Monday, August 15, 2011

Bashar and the Mounting Pressure

The pressure that the Arabic countries and the international community have exerted on the Syrian regime last week is the precursor of a continuously mounting pressure that will culminate shortly by UN Security Council decision declaring that the regime has committed crimes against humanity and submitting an indictment of its leaders to the International Criminal Court, and thus leading to the regime’s downfall. These developments indicate that Bashar lacks completely the sense of the reality, resilience and shrewdness.

Although I did not agree with the way with which Hafez Assad governed Syria, I found that his survival instinct is better than that his son has. This survival instinct was not possible without having some kind of sense of the reality, resilience and shrewdness. When Salah Jedid was irritating Israel by firing artilleries from the Golan Heights onto the Galilee Valley, which was one of the reasons for 1976 war, Hafez Assad understood that was a dangerous strategy. Hafez Assad stopped these immature acts. When Turkey put >30000 soldiers on the Syrian border in 1998, Hafez Assad did not move any. He did not panic. However, he understood that he should hand over Ojlan.
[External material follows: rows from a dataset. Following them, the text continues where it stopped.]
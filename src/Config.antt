-- ===== src/Config.antt =====
-- The configuration of src/tealet.c: tealet_config_supported_flags, tealet_config_canonicalize,
-- tealet_snapshot_required_capacity and tealet_snapshot_ensure_capacity.
pub mod Canonical
pub mod Request
pub mod Copy
pub mod Set
pub mod Plan
use libtealet.Base.{
  ℕ, ◌-◌, Bool, true, false, not, ◌&&◌, ◌||◌, List, [], ltb, leb, ◌==◌, if◌then◌else◌, min,
}
use libtealet.Platform.{null, Platform}
use libtealet.Domain.{Domain, Settings, ConfigFlags, Code, done, err_mem}
use libtealet.Stats.{malloc}
use libtealet.Integrity.{guard_pagesize}

-- TEALET_CONFIGF_*, as this build supports them: all three.
unfoldable pub supported_flags : ConfigFlags
supported_flags = record { integrity = true; guard = true; snapshot = true; other = 0 }

-- The flags after the rules: unknown and unsupported bits are dropped, guard and snapshot need
-- integrity, integrity needs one of the two and bytes to watch.
unfoldable pub canonicalize_flags : (bytes : ℕ) → ConfigFlags → ConfigFlags
unfolding supported_flags
canonicalize_flags bytes f =
    let integrity = f.integrity && supported_flags.integrity in
    let guard = (f.guard && supported_flags.guard) && integrity in
    let snapshot = (f.snapshot && supported_flags.snapshot) && integrity in
    let watched = not (bytes == 0) in
    record {
      integrity = (integrity && (guard || snapshot)) && watched;
      guard = guard && watched;
      snapshot = snapshot && watched;
      other = 0;
    }

-- Modes are NONE 0, READONLY 1 and NOACCESS 2.
unfoldable pub canonicalize_mode : Bool → ℕ → ℕ
canonicalize_mode guard mode =
    if not guard then 0 else (if not (mode == 1) && not (mode == 2) then 2 else mode)

-- Policies are ASSERT 0, ERROR 1 and ABORT 2.
unfoldable pub canonicalize_policy : ℕ → ℕ
canonicalize_policy policy =
    if not (policy == 0) && (not (policy == 1) && not (policy == 2)) then 0 else policy

unfoldable pub canonicalize : Settings → Settings
unfolding canonicalize_flags canonicalize_mode canonicalize_policy
canonicalize c =
    let f = canonicalize_flags c.stack_integrity_bytes c.flags in
    record c {
      flags = f;
      stack_guard_mode = canonicalize_mode f.guard c.stack_guard_mode;
      stack_integrity_fail_policy = canonicalize_policy c.stack_integrity_fail_policy;
      stack_integrity_bytes = if not f.integrity then 0 else c.stack_integrity_bytes;
      stack_guard_limit = if not f.integrity then null else c.stack_guard_limit;
    }

module _ (pf : Platform) where
  unfoldable pub snapshot_required_capacity : Settings → ℕ
  unfolding guard_pagesize
  snapshot_required_capacity c =
      let required = if c.flags.snapshot then c.stack_integrity_bytes else 0 in
      let page = guard_pagesize pf in
      if (c.flags.snapshot && c.flags.guard) && ltb 1 page
      then min required (page - 1)
      else required

-- The block that was there is given back once the new one is.
unfoldable pub snapshot_ensure_capacity : ℕ → Domain → Code × Domain
unfolding malloc
snapshot_ensure_capacity required d0 =
    let (p, d) = malloc required d0 in
    if required == 0
    then (done, d0)
    else (if leb required d0.integrity.snapshot_capacity
        then (done, d0)
        else (if p == null then (err_mem, d) else (
          done,
          record d {
            integrity = record (d.integrity) {
              snapshot_bytes = 0;
              stack_base = null;
              snapshot_block = p;
              snapshot = [];
              snapshot_capacity = required;
            };
          },
        )))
As can be seen from both examples, Hafez Assad had certain sense of the reality, resilience and shrewdness.

On the other hand, Hafez al-Assad showed a deficient vision for Syria. He viewed Syria as a means for his vain glory. He viewed Syria as a regional power not for the sake of Syria and its people, but for the sake of his own self-image. Indeed, he destroyed the Syrian economy and social cohesiveness in order to consolidate his power internally and achieve the image that he conceived for himself externally. What Hafez Assad did not understand was that no regional or international power can be real or persists for long time with getting its strategic depth from the creativity of its individuals, the cohesiveness of its society and the strength of its economy.
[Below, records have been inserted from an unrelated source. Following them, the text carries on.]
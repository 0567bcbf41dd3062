-- ===== src/Config/Canonical.antt =====
-- The rules in the comment of tealet_config_canonicalize in src/tealet.c.
use libtealet.Base.{
  ℕ, ◌≤◌, ◌≡◌, refl, sym, ◌∙◌, inl, inr, Bool, true, false, not, ◌&&◌, ◌||◌, ◌==◌, if◌then◌else◌,
  arith, ap, Bool-cases, ==→eq,
}
use libtealet.Platform.{null}
use libtealet.Domain.{Settings, ConfigFlags}
use libtealet.Config.{
  canonicalize, canonicalize_flags, canonicalize_mode, canonicalize_policy, supported_flags,
}

-- The rules.
pub record IsCanonical (c : Settings) : Type 0 where
  pub known : c.flags.other ≡ 0
  pub backend : c.flags.integrity ≡ c.flags.guard || c.flags.snapshot
  pub watched : c.flags.integrity ≡ not (c.stack_integrity_bytes == 0)
  pub mode :
      (if c.flags.guard
        then (c.stack_guard_mode == 1) || (c.stack_guard_mode == 2)
        else c.stack_guard_mode == 0)
      ≡ true
  pub policy : c.stack_integrity_fail_policy ≤ 2
  pub limit : c.flags.integrity ≡ false → c.stack_guard_limit ≡ null

bits :
    (i g s w : Bool)
    → ((i && true) && (((g && true) && (i && true)) || ((s && true) && (i && true)))) && w
      ≡ (((g && true) && (i && true)) && w) || (((s && true) && (i && true)) && w)
bits false false false w = refl
bits false false true w = refl
bits false true false w = refl
bits false true true w = refl
bits true false false w = refl
bits true false true false = refl
bits true false true true = refl
bits true true false false = refl
bits true true false true = refl
bits true true true false = refl
bits true true true true = refl

-- Bits that obey the rules stay.
bits_fixed :
    (i g s w : Bool)
    → i ≡ g || s
    → i ≡ w
    → (((i && true) && (((g && true) && (i && true)) || ((s && true) && (i && true)))) && w ≡ i)
      × (((g && true) && (i && true)) && w ≡ g)
      × (((s && true) && (i && true)) && w ≡ s)
bits_fixed i false false w a b = rw a (refl, refl, refl)
bits_fixed i false true w a b = rw (a, sym b ∙ a) (refl, refl, refl)
bits_fixed i true false w a b = rw (a, sym b ∙ a) (refl, refl, refl)
bits_fixed i true true w a b = rw (a, sym b ∙ a) (refl, refl, refl)

mode_rule :
    (b : Bool) (m : ℕ)
    → (if b
        then (canonicalize_mode b m == 1) || (canonicalize_mode b m == 2)
        else canonicalize_mode b m == 0)
      ≡ true
unfolding canonicalize_mode
mode_rule true m = ground arith
mode_rule false m = refl

policy_rule : (p : ℕ) → canonicalize_policy p ≤ 2
unfolding canonicalize_policy
policy_rule p = ground arith

watch :
    (x : Bool) (bytes : ℕ)
    → x && not (bytes == 0) ≡ not ((if not (x && not (bytes == 0)) then 0 else bytes) == 0)
watch false bytes = refl
watch true bytes = elim (Bool-cases (bytes == 0)) [ inl e ↦ rw e refl | inr e ↦ rw (e, e) refl ]

mode_fixed :
    (b : Bool) (m : ℕ)
    → (if b then (m == 1) || (m == 2) else m == 0) ≡ true
    → canonicalize_mode b m ≡ m
unfolding canonicalize_mode
mode_fixed true m h = ground arith
mode_fixed false m h = sym (==→eq m 0 h)

policy_fixed : (p : ℕ) → p ≤ 2 → canonicalize_policy p ≡ p
unfolding canonicalize_policy
policy_fixed p h = ground arith

bytes_fixed : (x : Bool) (n : ℕ) → x ≡ not (n == 0) → (if not x then 0 else n) ≡ n
bytes_fixed x n h = elim (Bool-cases (n == 0)) [
  | inl e ↦ rw (h, e) (sym (==→eq n 0 e))
  | inr e ↦ rw (h, e) refl
]

limit_fixed : (x : Bool) (n : ℕ) → (x ≡ false → n ≡ 0) → (if not x then 0 else n) ≡ n
limit_fixed true n h = refl
limit_fixed false n h = sym (h refl)

-- The canonical form of any configuration obeys the rules: no unknown bit, integrity exactly
-- if a backend is on and exactly if there are bytes to watch, a guard mode that fits, a known
-- policy, and no limit without integrity.
pub canonicalize-IsCanonical : (c : Settings) → IsCanonical (canonicalize c)
unfolding canonicalize canonicalize_flags supported_flags
canonicalize-IsCanonical c = record {
  known = refl;
  backend =
      bits c.flags.integrity c.flags.guard c.flags.snapshot (not (c.stack_integrity_bytes == 0));
  watched =
      watch
        ((c.flags.integrity && true)
          && (((c.flags.guard && true) && (c.flags.integrity && true))
              || ((c.flags.snapshot && true) && (c.flags.integrity && true))))
        c.stack_integrity_bytes;
  mode = mode_rule ((canonicalize c).flags.guard) c.stack_guard_mode;
  policy = policy_rule c.stack_integrity_fail_policy;
  limit = λ e. rw e refl;
}

-- A configuration that obeys the rules is its own canonical form.
pub canonicalize_fixed : (c : Settings) → IsCanonical c → canonicalize c ≡ c
unfolding canonicalize canonicalize_flags canonicalize_mode canonicalize_policy supported_flags
canonicalize_fixed c k = λ i. record {
  flags = record { integrity = is.0 i; guard = is.1 i; snapshot = is.2 i; other = (sym k.known) i };
  stack_integrity_bytes =
      (ap (λ x. if not x then 0 else c.stack_integrity_bytes) is.0
          ∙ bytes_fixed c.flags.integrity c.stack_integrity_bytes k.watched)
        i;
  stack_guard_mode =
      (ap (λ x. canonicalize_mode x c.stack_guard_mode) is.1
          ∙ mode_fixed c.flags.guard c.stack_guard_mode k.mode)
        i;
  stack_integrity_fail_policy = policy_fixed c.stack_integrity_fail_policy k.policy i;
  stack_guard_limit =
      (ap (λ x. if not x then 0 else c.stack_guard_limit) is.0
          ∙ limit_fixed c.flags.integrity c.stack_guard_limit k.limit)
        i;
  max_stack_size = c.max_stack_size;
}
  where
    g : ConfigFlags
    g = canonicalize_flags c.stack_integrity_bytes c.flags

    is :
        (g.integrity ≡ c.flags.integrity)
        × (g.guard ≡ c.flags.guard)
        × (g.snapshot ≡ c.flags.snapshot)
    is =
        bits_fixed c.flags.integrity c.flags.guard c.flags.snapshot
          (not (c.stack_integrity_bytes == 0)) k.backend k.watched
Needless to say that Bashar does not only lack all kind of vision, but also all qualities required for survival. Indeed, he has no sense of the reality; he does not know his strengths and weaknesses; he does not know what provokes other people's anger; he does not understand what could be done what could not. He did not understand that his strength was the educated-man image that he tried to bestow upon himself early on in his presidency. Instead, he transformed himself into ruthless ruler persecuting his political opponents and killing his own people, which revolted claiming dignity and freedom. He did not know that killing unarmed demonstrators would bring upon him the indignation of the international community. He did not know that killing people in the month of Ramadan will take all the cover that the Arabic governments has provided to him till now. Further, Bashar has no resilience: once he takes a line of action he is too stiff; he is not able to change or retreat in the right moment; his discourse is always the same; if people do not respond favorably to his words, it means for him that they are the ones who do not understand (not his words are not the right words). When the regime decided to give the Syrian people a lesson by blockading and ransacking Dara’a, the Syrian people did not kneel. Instead of changing this failing policy, Bashar continued to bombard and seize more cities. When he described the demonstrators as infiltrators in his first speech, the Syrian people mocked of that description. Instead of changing that repulsive language, Bashar ended in his third speech by describing the Syrians as microbes.

Indeed, for all the reasons mentioned above, Bashar lacks social intelligence and shrewdness; in other words, he does not understand the signs of the times. Therefore, he interprets wrongly the meaning of the explicit and implicit messages that he receive and the significance of historical events that he experiences, making him, unlike his father, completely deficient of the survival instinct and leading him to utter political and personal failures, thus putting in danger not only his presidency but also his life as a free man and the future of his kids, who do not merit to be named the children of a criminal.